Never before in our travels has the US dollar been as strong as it’s been on this trip. Never mind the free-falling NASDAQ. Forget about a plummeting economy. The dollar has been stalwart. Which means that everywhere we’ve gone, our bucks have gone farther. This was definitely the case in Italy, where we could splurge at restaurants and wine shops because the favorable exchange rate made delicacies delightfully cheap. It’s also true in New Zealand, where their dollar has descended to 10-year lows.

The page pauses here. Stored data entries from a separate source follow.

-- ===== src/Acl/Distinct.antt =====
-- How many different numbers a list has.
use sec_fw.Common.{
  ℕ, suc, ◌≤◌, ◌<◌, ◌≡◌, ◌≢◌, refl, ap, sym, ◌∙◌, ◌⊎◌, inl, inr, true, false, Bool-cases, ◌==◌,
  ==_self, ==_iff, if◌then◌else◌, List, [], ◌∷◌, length, arith,
}
use sec_fw.Acl.Marks.{has}
use sec_fw.Acl.Middle.{or_true}

unfoldable pub distinct : List ℕ → ℕ
distinct [] = 0
distinct (x ∷ xs) = let rest = distinct xs in if has x xs then rest else suc rest

remove : ℕ → List ℕ → List ℕ
remove z [] = []
remove z (x ∷ xs) = let rest = remove z xs in if x == z then rest else x ∷ rest

has-remove : (y z : ℕ) (xs : List ℕ) → y ≢ z → has y (remove z xs) ≡ has y xs
unfolding has remove
has-remove y z [] n = refl
has-remove y z (x ∷ xs) n = ground (arith, has-remove y z xs n)

distinct-remove_out :
    (z : ℕ) (xs : List ℕ) → has z xs ≡ false → distinct (remove z xs) ≡ distinct xs
unfolding has remove distinct
distinct-remove_out z [] h = refl
distinct-remove_out z (x ∷ xs) h = elim (Bool-cases (x == z)) [
  | inl e ↦ absurd (ground arith)
  | inr e ↦
      rw (e, has-remove x z xs (λ k. ground arith), distinct-remove_out z xs (ground arith)) refl
]

distinct-remove :
    (z : ℕ) (xs : List ℕ) → has z xs ≡ true → distinct xs ≡ suc (distinct (remove z xs))
unfolding has remove distinct
distinct-remove z [] h = cc h
distinct-remove z (x ∷ xs) h = elim (Bool-cases (x == z)) [
  | inl e ↦
      let same : x ≡ z = (==_iff x z).0 e in
      elim (Bool-cases (has z xs)) [
        | inl k ↦ rw (e, same, k) (distinct-remove z xs k)
        | inr k ↦ rw (e, same, k) (ap suc (sym (distinct-remove_out z xs k)))
      ]
  | inr e ↦
      let there = distinct-remove z xs (ground arith) in
      rw (e, has-remove x z xs (λ k. ground arith)) (ground (arith, there))
]

-- All numbers of one list are in another.
abbrev pub Within : List ℕ → List ℕ → Type 0
Within xs ys = (x : ℕ) → has x xs ≡ true → has x ys ≡ true

pub Within-distinct : (xs ys : List ℕ) → Within xs ys → distinct xs ≤ distinct ys
unfolding has distinct
Within-distinct [] ys w = omega arith
Within-distinct (x ∷ xs) ys w = elim (Bool-cases (has x xs)) [
  | inl e ↦ rw e (Within-distinct xs ys (λ y k. w y (rw k (or_true _))))
  | inr e ↦
      let rest = Within-distinct xs (remove x ys) (λ y k.
        has-remove y x ys (λ s. ground (arith, e, k, ap (λ z. has z xs) s))
        ∙ w y (rw k (or_true _))) in
      rw e (omega (arith, rest, distinct-remove x ys (w x (rw (==_self x) refl))))
]

-- A number of the second list that the first has not, makes it longer.
pub Within-distinct_lt :
    (z : ℕ) (xs ys : List ℕ)
    → Within xs ys
    → has z ys ≡ true
    → has z xs ≡ false
    → distinct xs < distinct ys
Within-distinct_lt z xs ys w inside outside =
    let rest =
      Within-distinct xs (remove z ys) (λ y k.
        has-remove y z ys (λ s. ground (arith, outside, k, ap (λ a. has a xs) s)) ∙ w y k) in
    omega (arith, rest, distinct-remove z ys inside)

-- One new number in exchange for one that is gone.
pub exchange-distinct :
    (z w : ℕ) (xs ys : List ℕ)
    → ((x : ℕ) → has x xs ≡ true → (x ≡ w) ⊎ ((has x ys ≡ true) × (x ≢ z)))
    → has z ys ≡ true
    → distinct xs ≤ distinct ys
unfolding has distinct
exchange-distinct z w xs ys from inside =
    let rest = Within-distinct xs (w ∷ remove z ys) (λ y k. elim (from y k) [
      | inl e ↦ rw e (rw (==_self w) refl)
      | inr (a, n) ↦ rw (has-remove y z ys n, a) (or_true _)
    ]) in
    let short : distinct (w ∷ remove z ys) ≤ suc (distinct (remove z ys)) =
      elim (Bool-cases (has w (remove z ys))) [
        | inl e ↦ rw e (omega arith)
        | inr e ↦ rw e (omega arith)
      ] in
    omega (arith, rest, short, distinct-remove z ys inside)

pub distinct-length : (xs : List ℕ) → distinct xs ≤ length xs
unfolding distinct
distinct-length [] = omega arith
distinct-length (x ∷ xs) = ground (arith, distinct-length xs)
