-- ===== src/Acl/Trim.antt =====
-- The rules that match a packet are the same in a set of rules and in the child that the packet goes to.
use sec_fw.Common.{
  ℕ, zero, suc, ◌+◌, ◌≤◌, ◌<◌, ◌≡◌, refl, ap, inl, inr, true, Bool-cases, ◌==◌, if◌then◌else◌, List,
  [], ◌∷◌, arith,
}
use sec_fw.Acl.{Rule, low_words, dim_max, matched_from, matched}
use sec_fw.Acl.Build.{reaches, trimmed, child_rules}

-- The rules of a set that match a packet, by their place in the set.
unfoldable pub matching : List Rule → (ℕ → ℕ) → List ℕ
matching [] packet = []
matching (r ∷ rs) packet =
    let rest = matching rs packet in if matched r packet then r.pri ∷ rest else rest

module _ (d2s lo hi : ℕ) (r : Rule) (packet : ℕ → ℕ) where
  matched_from-trimmed :
      (n dim : ℕ)
      → lo ≤ low_words d2s (packet d2s)
      → low_words d2s (packet d2s) ≤ hi
      → matched_from n dim (trimmed d2s lo hi r) packet ≡ matched_from n dim r packet
  unfolding matched_from
  matched_from-trimmed zero dim l h = refl
  matched_from-trimmed (suc n) dim l h = elim (Bool-cases (dim == d2s)) [
    | inl e ↦
        let same : d2s ≡ dim = ground arith in
        ground (
          arith,
          matched_from-trimmed n (suc dim) l h,
          ap (λ i. low_words i (packet i)) same,
          ap r.range0 same,
          ap r.range1 same,
        )
    | inr e ↦ ground (arith, matched_from-trimmed n (suc dim) l h)
  ]

  matched_from-reaches :
      (n dim : ℕ)
      → dim ≤ d2s
      → d2s < dim + n
      → lo ≤ low_words d2s (packet d2s)
      → low_words d2s (packet d2s) ≤ hi
      → matched_from n dim r packet ≡ true
      → reaches d2s lo hi r ≡ true
  unfolding matched_from
  matched_from-reaches zero dim a b l h e = absurd (omega arith)
  matched_from-reaches (suc n) dim a b l h e = elim (Bool-cases (dim == d2s)) [
    | inl k ↦
        let same : d2s ≡ dim = ground arith in
        ground (arith, ap (λ i. low_words i (packet i)) same, ap r.range0 same, ap r.range1 same)
    | inr k ↦ ground (arith, matched_from-reaches n (suc dim))
  ]

pub matching-child_rules :
    (d2s lo hi : ℕ) (packet : ℕ → ℕ)
    → d2s < dim_max
    → lo ≤ low_words d2s (packet d2s)
    → low_words d2s (packet d2s) ≤ hi
    → (rules : List Rule) → matching (child_rules d2s lo hi rules) packet ≡ matching rules packet
unfolding matching child_rules
matching-child_rules d2s lo hi packet d l h [] = refl
matching-child_rules d2s lo hi packet d l h (r ∷ rs) =
    let ih = matching-child_rules d2s lo hi packet d l h rs in
    let same = matched_from-trimmed d2s lo hi r packet dim_max 0 l h in
    elim (Bool-cases (reaches d2s lo hi r)) [
      | inl e ↦ rw e (rw same (rw ih refl))
      | inr e ↦ elim (Bool-cases (matched r packet)) [
        | inl m ↦ absurd (
            cc
              (matched_from-reaches d2s lo hi r packet dim_max 0 (omega arith) (omega arith) l h m))
        | inr m ↦ rw (e, m) ih
      ]
    ]
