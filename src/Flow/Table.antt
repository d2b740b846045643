-- ===== src/Flow/Table.antt =====
-- The flow table holds at most one flow of each connection, in the bucket of its hash.
use sec_fw.Common.{
  ℕ, ◌+◌, ◌≤◌, ◌≡◌, refl, sym, ◌≢◌, inl, inr, ap, ◌∙◌, true, Bool-cases, ◌==◌, if◌then◌else◌, List,
  [], ◌∷◌, Option, none, some, Option-cases, none≢some, some-inj, arith,
}
use sec_fw.Mbuf.{Mbuf}
use sec_fw.Flow.{
  FlowItem, FlowTable, update, increment, flow_init, flow_match, touched, flow_find, new_item,
  flow_add, flow_lookup, mbuf_hash, flow_get_flow_from_hash,
}
use sec_fw.Flow.Match.{same_hash, new_item_matches, new_item_transfer}

-- How many flows of a list match a packet.
unfoldable pub matching : Mbuf → List FlowItem → ℕ
matching m [] = 0
matching m (f ∷ fs) = (if flow_match f m then 1 else 0) + matching m fs

-- At most one flow matches a packet, and it lies in the bucket of the packet's hash.
pub record IsValid (t : FlowTable) : Type 0 where
  pub unique : (h : ℕ) (m : Mbuf) → matching m (t.bucket h) ≤ 1
  pub placed : (h : ℕ) (m : Mbuf) → matching m (t.bucket h) ≢ 0 → mbuf_hash m ≡ h

pub flow_init-IsValid : IsValid flow_init
unfolding matching
flow_init-IsValid = record { unique = λ h m. omega arith; placed = λ h m k. absurd (k refl) }

pub touched_match :
    (now : ℕ) (f : FlowItem) (m : Mbuf) → flow_match (touched now f) m ≡ flow_match f m
unfolding flow_match
touched_match now f m = refl

-- A lookup changes times only, and finds a flow if one matches.
flow_find-matching :
    (now : ℕ) (fs : List FlowItem) (m q : Mbuf) → matching q (flow_find now fs m).1 ≡ matching q fs
unfolding flow_find matching
flow_find-matching now [] m q = refl
flow_find-matching now (f ∷ fs) m q = elim (Bool-cases (flow_match f m)) [
  | inl e ↦ rw e (rw (touched_match now f q) refl)
  | inr e ↦ rw e (omega (arith, flow_find-matching now fs m q))
]

flow_find-none :
    (now : ℕ) (fs : List FlowItem) (m : Mbuf) → (flow_find now fs m).0 ≡ none → matching m fs ≡ 0
unfolding flow_find matching
flow_find-none now [] m h = refl
flow_find-none now (f ∷ fs) m h = elim (Bool-cases (flow_match f m)) [
  | inl e ↦ absurd (ground (arith, e, h))
  | inr e ↦ rw e (omega (arith, flow_find-none now fs m (rw e at h)))
]

flow_find-some :
    (now : ℕ) (fs : List FlowItem) (m : Mbuf) (f : FlowItem)
    → (flow_find now fs m).0 ≡ some f
    → (flow_match f m ≡ true) × (f.cycle ≡ now)
unfolding flow_find
flow_find-some now [] m f h = absurd (none≢some h)
flow_find-some now (g ∷ fs) m f h = elim (Bool-cases (flow_match g m)) [
  | inl e ↦
      let gf : touched now g ≡ f = some-inj (rw e at h) in
      (ap (λ x. flow_match x m) (sym gf) ∙ touched_match now g m ∙ e, ap (λ x. x.cycle) (sym gf))
  | inr e ↦ flow_find-some now fs m f (rw e at h)
]

-- A bucket is replaced by a list that is well formed for its hash.
module _ (t : FlowTable) (v : IsValid t) (h : ℕ) (items : List FlowItem) (n d : ℕ → ℕ) where
  abbrev pub replaced : FlowTable
  replaced = record { bucket = update t.bucket h items; new_flow = n; del_flow = d }

  bucket_cases :
      (P : List FlowItem → Type 0) (k : ℕ)
      → (h ≡ k → P items)
      → P (t.bucket k)
      → P (update t.bucket h items k)
  bucket_cases P k new old = elim (Bool-cases (h == k)) [
    | inl e ↦ rw e (new (ground arith))
    | inr e ↦ rw e old
  ]

  pub replaced-IsValid :
      ((q : Mbuf) → matching q items ≤ 1)
      → ((q : Mbuf) → matching q items ≢ 0 → mbuf_hash q ≡ h)
      → IsValid replaced
  replaced-IsValid one here = record {
    unique = λ k q. bucket_cases (λ xs. matching q xs ≤ 1) k (λ e. one q) (v.unique k q);
    placed = λ k q.
        bucket_cases (λ xs. matching q xs ≢ 0 → mbuf_hash q ≡ k) k (λ e o. here q o ∙ e)
          (v.placed k q);
  }

  -- No packet has more matches than before.
  pub fewer-IsValid : ((q : Mbuf) → matching q items ≤ matching q (t.bucket h)) → IsValid replaced
  fewer-IsValid fewer =
      replaced-IsValid (λ q. omega (arith, fewer q, v.unique h q))
        (λ q o. v.placed h q (omega (arith, fewer q)))

-- Two packets of one connection have the same matches.
matching_transfer :
    (now addr : ℕ) (m q : Mbuf)
    → flow_match (new_item now addr m) q ≡ true
    → (fs : List FlowItem) → matching m fs ≡ matching q fs
unfolding matching
matching_transfer now addr m q k [] = refl
matching_transfer now addr m q k (f ∷ fs) =
    rw (new_item_transfer now addr f m q k) (omega (arith, matching_transfer now addr m q k fs))

module _ (now : ℕ) (t : FlowTable) (m : Mbuf) where
  abbrev found_items : List FlowItem
  found_items = (flow_find now (t.bucket (mbuf_hash m)) m).1

  pub flow_lookup-IsValid : IsValid t → IsValid (flow_lookup now t (mbuf_hash m) m).1
  unfolding flow_lookup
  flow_lookup-IsValid v =
      fewer-IsValid t v (mbuf_hash m) found_items t.new_flow t.del_flow
        (λ q. omega (arith, flow_find-matching now (t.bucket (mbuf_hash m)) m q))

  -- The flow that FlowAdd puts in front, when its second look finds none.
  new-IsValid :
      (addr : ℕ) (n d : ℕ → ℕ) (v : IsValid t)
      → matching m (t.bucket (mbuf_hash m)) ≡ 0
      → IsValid (replaced t v (mbuf_hash m) (new_item now addr m ∷ found_items) n d)
  unfolding matching
  new-IsValid addr n d v none_there =
      let same = flow_find-matching now (t.bucket (mbuf_hash m)) m in
      let absent : (q : Mbuf)
          → flow_match (new_item now addr m) q ≡ true
          → matching q found_items ≡ 0 =
        λ q k.
          same q ∙ sym (matching_transfer now addr m q k (t.bucket (mbuf_hash m))) ∙ none_there in
      let hash : (q : Mbuf)
          → flow_match (new_item now addr m) q ≡ true
          → mbuf_hash q ≡ mbuf_hash m =
        λ q k. same_hash (new_item now addr m) q m k (new_item_matches now addr m) in
      replaced-IsValid t v (mbuf_hash m) (new_item now addr m ∷ found_items) n d
        (λ q. elim (Bool-cases (flow_match (new_item now addr m) q)) [
          | inl k ↦ rw k (omega (arith, absent q k))
          | inr k ↦ rw k (omega (arith, same q, v.unique (mbuf_hash m) q))
        ])
        (λ q o. elim (Bool-cases (flow_match (new_item now addr m) q)) [
          | inl k ↦ hash q k
          | inr k ↦ v.placed (mbuf_hash m) q (λ z. rw k at o (omega (arith, same q, z)))
        ])

-- The branches of FlowAdd and of FlowGetFlowFromHash.
pub flow_add_hit :
    (cpu now : ℕ) (t : FlowTable) (h addr : ℕ) (m : Mbuf) (f : FlowItem)
    → (flow_find now (t.bucket h) m).0 ≡ some f
    → flow_add cpu now t h (some addr) m
      ≡ record { flow = some f; table = (flow_lookup now t h m).1; freed = some addr }
unfolding flow_add flow_lookup
flow_add_hit cpu now t h addr m f e = rw (e, flow_add) refl

pub flow_add_miss :
    (cpu now : ℕ) (t : FlowTable) (h addr : ℕ) (m : Mbuf)
    → (flow_find now (t.bucket h) m).0 ≡ none
    → flow_add cpu now t h (some addr) m ≡ record {
      flow = some (new_item now addr m);
      table = record {
        bucket = update t.bucket h (new_item now addr m ∷ (flow_find now (t.bucket h) m).1);
        new_flow = increment t.new_flow cpu;
        del_flow = t.del_flow;
      };
      freed = none;
    }
unfolding flow_add
flow_add_miss cpu now t h addr m e = rw (e, flow_add) refl

pub flow_get_hit :
    (cpu now : ℕ) (t : FlowTable) (slice : Option ℕ) (m : Mbuf) (f : FlowItem)
    → (flow_lookup now t (mbuf_hash m) m).0 ≡ some f
    → flow_get_flow_from_hash cpu now t slice m
      ≡ record { flow = some f; table = (flow_lookup now t (mbuf_hash m) m).1; freed = none }
unfolding flow_get_flow_from_hash
flow_get_hit cpu now t slice m f e = rw (e, flow_get_flow_from_hash) refl

pub flow_get_miss :
    (cpu now : ℕ) (t : FlowTable) (slice : Option ℕ) (m : Mbuf)
    → (flow_lookup now t (mbuf_hash m) m).0 ≡ none
    → flow_get_flow_from_hash cpu now t slice m
      ≡ flow_add cpu now (flow_lookup now t (mbuf_hash m) m).1 (mbuf_hash m) slice m
unfolding flow_get_flow_from_hash
flow_get_miss cpu now t slice m e = rw (e, flow_get_flow_from_hash) refl

-- FlowAdd: whatever another core added meanwhile, the table keeps one flow of each connection.
pub flow_add-IsValid :
    (cpu now : ℕ) (t : FlowTable) (slice : Option ℕ) (m : Mbuf)
    → IsValid t
    → IsValid (flow_add cpu now t (mbuf_hash m) slice m).table
unfolding flow_add
flow_add-IsValid cpu now t none m v = v
flow_add-IsValid cpu now t (some addr) m v =
    elim (Option-cases (flow_find now (t.bucket (mbuf_hash m)) m).0) [
      | inl e ↦ rw (flow_add_miss cpu now t (mbuf_hash m) addr m e) (
          new-IsValid now t m addr (increment t.new_flow cpu) t.del_flow v
            (flow_find-none now (t.bucket (mbuf_hash m)) m e))
      | inr (f, e) ↦
          rw (flow_add_hit cpu now t (mbuf_hash m) addr m f e) (flow_lookup-IsValid now t m v)
    ]

pub flow_get-IsValid :
    (cpu now : ℕ) (t : FlowTable) (slice : Option ℕ) (m : Mbuf)
    → IsValid t
    → IsValid (flow_get_flow_from_hash cpu now t slice m).table
unfolding flow_get_flow_from_hash
flow_get-IsValid cpu now t slice m v = elim (Option-cases (flow_lookup now t (mbuf_hash m) m).0) [
  | inl e ↦
      rw (flow_get_miss cpu now t slice m e)
        (flow_add-IsValid cpu now _ slice m (flow_lookup-IsValid now t m v))
  | inr (f, e) ↦ rw (flow_get_hit cpu now t slice m f e) (flow_lookup-IsValid now t m v)
]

It’s funny, because prices here look much the same as at home—on menus, in boutiques, in real estate ads, and on grocery store stickers. Except that the NZ dollar is worth about 43 cents! Which means that most everything costs less than half what it does at home. To top it off, tax is always included in the price. And in restaurants, the tip’s included too! Thus we can visit our favorite nearby establishment, Vino Vino, and dine on filet mignon, garlic mash potatoes, roasted vegetables, and an herbal pesto for $10—while the fine wine lists runs from $10-25. It’s served with earnest smiles and breathtaking views. In total, three of us consume all the courses and drinks we can handle for about $50. At home in a comparable place, that might float one person. Might.

So you can understand if we occasionally get carried away—and buy things we aren’t sure we even need simply because they’re irresistibly affordable. Like the roadside goods shown here.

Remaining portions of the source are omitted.